Could you set down exactly the lines in the records below between the line holding "create_port_on_board fuel board_uuid" and the line holding "catch (create_vif fuel", inclusive?

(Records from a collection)
________
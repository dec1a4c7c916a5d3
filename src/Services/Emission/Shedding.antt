-- ===== src/Services/Emission/Shedding.antt =====
-- The metric of shed events in internal/aggregator/service.go agrees with the source's counter.
use mcp_ironclaw.Prelude.{
  subst, sym, ◌∷◌, if◌then◌else◌, ◌≡◌, ap, ◌<◌, Option, none, some, List, ℕ, arith, inl, inr,
  Option-cases, ◌==◌,
}
use mcp_ironclaw.Go.Int64.{modulus, sub64}
use mcp_ironclaw.Go.Text.{text_eq_refl, Text, text_eq}
use mcp_ironclaw.Domain.Errors.{Error}
use mcp_ironclaw.Domain.Event.{Batch}
use mcp_ironclaw.Services.Metrics.{sampled, record_sample}
use mcp_ironclaw.Services.Emission.{
  metric_batches_consumed, record_metric, WindowSource, WindowPublisher, Service, handle_batch,
  record_shed, metric_events_shed,
}

-- The samples of shed events add up to what was last read of the source's counter.
pub record IsReported {S W : Type 0} (s : Service S W) : Type 0 where
  pub in_range : s.last_shed < modulus
  pub samples : List (Text × ℕ)
  pub recorder : s.metrics ≡ some samples
  pub agrees : sampled metric_events_shed samples ≡ s.last_shed

-- A sample of a delta brings the sum to the new reading.
report :
    {S W : Type 0} (s : Service S W) (now : ℕ)
    → now < modulus
    → IsReported s
    → IsReported
        (record_metric metric_events_shed (sub64 now s.last_shed) (record s { last_shed = now }))
unfolding sampled record_sample
report s now h r =
    let delta = sub64 now s.last_shed in
    record {
      in_range = ground arith;
      samples = if delta == 0 then r.samples else (metric_events_shed, delta) ∷ r.samples;
      recorder = ground (arith, r.recorder);
      agrees = ground (arith, r.agrees, r.in_range, text_eq_refl metric_events_shed);
    }

-- A sample of another metric leaves the sum as it is.
report_other :
    {S W : Type 0} (s : Service S W) (x : S)
    → IsReported s
    → IsReported (record_metric metric_batches_consumed 1 (record s { source = x }))
unfolding sampled record_sample text_eq
report_other s x r = record {
  in_range = r.in_range;
  samples = (metric_batches_consumed, 1) ∷ r.samples;
  recorder = ap (record_sample metric_batches_consumed 1) r.recorder;
  agrees = r.agrees;
}

kept :
    {S W : Type 0} (s : Service S W) (x : S) → IsReported s → IsReported (record s { source = x })
kept s x r = record {
  in_range = r.in_range;
  samples = r.samples;
  recorder = r.recorder;
  agrees = r.agrees;
}

module _ {S W : Type 0} (src : WindowSource S) (publish_window : WindowPublisher W) where
  record_shed-IsReported :
      (s : Service S W) (shed : S → ℕ)
      → src.shed ≡ some shed
      → shed s.source < modulus
      → IsReported s
      → IsReported (record_shed src publish_window s)
        × (◌≡◌ {A = Option Error} none none
            → (record_shed src publish_window s).last_shed
              ≡ shed (record_shed src publish_window s).source)
  unfolding record_shed
  record_shed-IsReported s shed e bound r =
      let now = shed s.source in
      let s' =
        record_metric metric_events_shed (sub64 now s.last_shed) (record s { last_shed = now }) in
      let same : record_shed src publish_window s ≡ s' = ground arith in
      (subst IsReported (sym same) (report s now bound r), λ h. ground arith)

  -- Each batch that the source takes is reported: after it, the samples of shed events add up to the
  -- counter of the source.
  pub handle_batch-IsReported :
      (ctx : Option Error) (b : Batch) (s : Service S W) (shed : S → ℕ)
      → src.shed ≡ some shed
      → ((x : S) → shed x < modulus)
      → IsReported s
      → IsReported (handle_batch src publish_window ctx b s).0
        × ((handle_batch src publish_window ctx b s).1 ≡ none
            → (handle_batch src publish_window ctx b s).0.last_shed
              ≡ shed (handle_batch src publish_window ctx b s).0.source)
  unfolding handle_batch record_shed
  handle_batch-IsReported (some x) b s shed e bound r = (r, λ h. cc)
  handle_batch-IsReported none b s shed e bound r =
      let (x, result) = src.ingest_batch b s.source in
      elim (Option-cases result) [
        | inr (y, f) ↦ rw (f, handle_batch) (kept s x r, λ h. cc)
        | inl f ↦
            let s1 = record_metric metric_batches_consumed 1 (record s { source = x }) in
            rw (f, handle_batch) (record_shed-IsReported s1 shed e (bound x) (report_other s x r))
      ]
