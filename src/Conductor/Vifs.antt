-- ===== src/Conductor/Vifs.antt =====
-- iotronic/conductor/endpoints.py: network ports on boards. The module's list Port is `vif_ports` of
-- the world.
pub mod Drawing
pub mod Naming
pub mod Keeping
use Prim.Native.Char.{Char, code}
use Prim.Native.String.{String}
use Prim.Native.Nat.{◌/◌}
use mathlib.Core.Option
use stack4things_openstack_i.Action.{
  Action, Exception, Result, call, catch, drop_draw, lift, ok, pure, raise, raised, ◌>>=◌, ◌>>◌,
}
use stack4things_openstack_i.Base.{
  decimal, List, Option, [], codes, concat, get_elem?, if◌then◌else◌, ltb, none, some, suc, zero, ℕ,
  ◌%◌, ◌+◌, ◌==◌, ◌∷◌,
}
use stack4things_openstack_i.Conductor.Dns.{subscript, text_at}
use stack4things_openstack_i.Conductor.Neutron.{add_port_to_network, delete_port, subnet_info}
use stack4things_openstack_i.Conductor.Requests.{execute_on_board}
use stack4things_openstack_i.Conductor.Version.{parse_int}
use stack4things_openstack_i.Conductor.Webservices.{shown}
use stack4things_openstack_i.Db.Boards.{get_board_by_uuid}
use stack4things_openstack_i.Db.Engine.{Engine}
use stack4things_openstack_i.Db.Schema.{Column, Value, Values}
use stack4things_openstack_i.Db.Services.{get_port_by_uuid}
use stack4things_openstack_i.Objects.{Object, is_online, load, new_object, text_of}
use stack4things_openstack_i.Objects.Kinds.{create_port_object, destroy_port_object}

-- cidr.split("/", 1)[1]
unfoldable after_slash : String → Result String
after_slash String.[] = raised Exception.index_error
after_slash (String.◌∷◌ c s) = let rest = after_slash s in if code c == b'/' then ok s else rest

-- s[n:]
unfoldable pub drop_chars : ℕ → String → String
drop_chars zero s = s
drop_chars (suc n) String.[] = String.[]
drop_chars (suc n) (String.◌∷◌ c s) = drop_chars n s

-- VIF_name = 'iotronic' + str(r_tcp_port)
unfoldable pub vif_name_of : ℕ → String
unfolding decimal
vif_name_of n = concat "iotronic" (decimal n)

-- int(VIF_name[8:])
unfoldable pub vif_number : String → Result ℕ
unfolding drop_chars parse_int
vif_number name = parse_int (codes (drop_chars 8 name))

-- Port.remove(n): `none` is the ValueError where it is not there
unfoldable pub take_off : ℕ → List ℕ → Option (List ℕ)
take_off n [] = none
take_off n (p ∷ ps) = if p == n then some ps else Option.map (λ qs. p ∷ qs) (take_off n ps)

-- random.randint(10000, 20000)
unfoldable pub tcp_port : List ℕ → ℕ
tcp_port [] = 10000
tcp_port (d ∷ ds) = 10000 + d % 10001

-- while i < len(Port): after a clash there is a new number, and i goes on from 1. `none` is a loop
-- that is still running when the fuel is gone.
unfoldable pub free_tcp_port : ℕ → List ℕ → ℕ → ℕ → List ℕ → Option (ℕ × List ℕ)
unfolding tcp_port
free_tcp_port zero ports i num draws = none
free_tcp_port (suc fuel) ports i num draws =
    let redrawn = free_tcp_port fuel ports 1 (tcp_port draws) (drop_draw draws) in
    let next = free_tcp_port fuel ports (i + 1) num draws in
    elim (get_elem? ports i) [
      | none ↦ some (num, draws)
      | some p ↦ if p == num then redrawn else next
    ]

-- What create_port_on_board comes to: a port, None, or a search for a number that goes on.
pub data Vif : Type 0 where
  attached : Object → Vif
  unattached : Vif
  searching : Vif

-- port['port'][k], and port['port']['fixed_ips'][0][k]
unfoldable port_part : Value → String → Result Value
unfolding subscript
port_part port k = elim (subscript port "port") [ ok body ↦ subscript body k | raised e ↦ raised e ]

unfoldable first_ip : Value → String → Result Value
unfolding port_part subscript
first_ip port k = elim (port_part port "fixed_ips") [
  | ok ips ↦ elim (subscript ips "0") [ ok ip ↦ subscript ip k | raised e ↦ raised e ]
  | raised e ↦ raised e
]

unfoldable pub vif_values : ℕ → Value → Value → Value → Value → Value → Values
unfolding vif_name_of
vif_values n uuid mac board_uuid network ip =
    (Column.ip, ip)
    ∷ (Column.network, network)
    ∷ (Column.board_uuid, board_uuid)
    ∷ (Column.mac_add, mac)
    ∷ (Column.uuid, uuid)
    ∷ (Column.vif_name, Value.str (vif_name_of n))
    ∷ []

-- Port.insert(0, n)
abbrev pub add_tcp_port : ℕ → Action (Unit {0})
add_tcp_port n w = (ok tt, record w { vif_ports = n ∷ w.vif_ports })

-- the first number drawn, and the loop
abbrev pub draw_tcp_port : ℕ → Action (Option ℕ)
draw_tcp_port fuel w =
    elim (free_tcp_port fuel w.vif_ports 0 (tcp_port w.draws) (drop_draw w.draws)) [
      | none ↦ (ok none, w)
      | some (n, ds) ↦ (ok (some n), record w { draws = ds })
    ]

module _ ⦃E : Engine⦄ where
  -- the device on the board, the tap on the agent, the row, and the configuration
  unfoldable pub attach : Object → Value → Value → String → ℕ → Action Vif
  unfolding execute_on_board port_part first_ip call new_object vif_values create_port_object
      decimal
  attach board board_uuid port slash n = do
    execute_on_board board_uuid "Create_VIF" (Value.str (decimal n) ∷ []) Value.null
    p ← lift (port_part port "id")
    call (record {
      server = board.row Column.agent;
      method = "create_tap_interface";
      args = p ∷ Value.str (decimal n) ∷ [];
    })
    mac ← lift (port_part port "mac_address")
    network ← lift (first_ip port "subnet_id")
    ip ← lift (first_ip port "ip_address")
    created ← create_port_object (new_object (vif_values n p mac board_uuid network ip))
    execute_on_board board_uuid "Configure_VIF" (created.row Column.uuid ∷ Value.str slash ∷ [])
        Value.null
    pure (attached created)

  -- the number is taken, unless the search for it goes on
  unfoldable pub attach_on : Object → Value → Value → String → Option ℕ → Action Vif
  unfolding attach
  attach_on board board_uuid port slash none = pure searching
  attach_on board board_uuid port slash (some n) = do
    add_tcp_port n
    attach board board_uuid port slash n

  unfoldable pub create_vif : ℕ → Object → Value → Value → Value → List Value → String → Action Vif
  unfolding add_port_to_network port_part free_tcp_port attach_on
  create_vif fuel board board_uuid network_uuid subnet_uuid security_groups slash = do
    port ← add_port_to_network board network_uuid subnet_uuid security_groups
    lift (port_part port "id")
    num ← draw_tcp_port fuel
    attach_on board board_uuid port slash num

  -- whatever goes wrong inside is logged, and the answer is None
  unfoldable pub create_port_on_board : ℕ → Value → Value → Value → List Value → Action Vif
  unfolding load get_board_by_uuid is_online subnet_info subscript text_at after_slash create_vif
  create_port_on_board fuel board_uuid network_uuid subnet_uuid security_groups = do
    board ← load (get_board_by_uuid board_uuid)
    (if is_online board
        then pure tt
        else raise (Exception.board_not_connected (board.row Column.uuid)))
    info ← subnet_info subnet_uuid
    subnet ← lift (subscript info "subnet")
    cidr ← lift (text_at subnet "cidr")
    slash ← lift (after_slash cidr)
    catch (create_vif fuel board board_uuid network_uuid subnet_uuid security_groups slash)
        (λ _. pure unattached)

  -- Port.remove(port_num), then Neutron, then the row
  unfoldable pub release_vif : Object → Value → ℕ → Action Vif
  unfolding take_off delete_port destroy_port_object
  release_vif port port_uuid n w = elim (take_off n w.vif_ports) [
    | none ↦ (raised Exception.value_error, w)
    | some ports ↦
        (do delete_port port_uuid; destroy_port_object port; pure (attached port))
          (record w { vif_ports = ports })
  ]

  unfoldable pub remove_vif_from_board : Value → Value → Action Vif
  unfolding load get_board_by_uuid get_port_by_uuid text_of execute_on_board vif_number release_vif
  remove_vif_from_board board_uuid port_uuid = do
    load (get_board_by_uuid board_uuid)
    port ← load (get_port_by_uuid port_uuid)
    name ← lift (text_of (shown (port.row Column.vif_name)))
    catch
        (do
          execute_on_board board_uuid "Remove_VIF" (Value.str name ∷ []) Value.null
          n ← lift (vif_number name)
          release_vif port port_uuid n)
        (λ _. pure unattached)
________
• _Answer to the exercise_
  create_port_on_board fuel board_uuid network_uuid subnet_uuid security_groups = do
    board ← load (get_board_by_uuid board_uuid)
    (if is_online board
        then pure tt
        else raise (Exception.board_not_connected (board.row Column.uuid)))
    info ← subnet_info subnet_uuid
    subnet ← lift (subscript info "subnet")
    cidr ← lift (text_at subnet "cidr")
    slash ← lift (after_slash cidr)
    catch (create_vif fuel board board_uuid network_uuid subnet_uuid security_groups slash)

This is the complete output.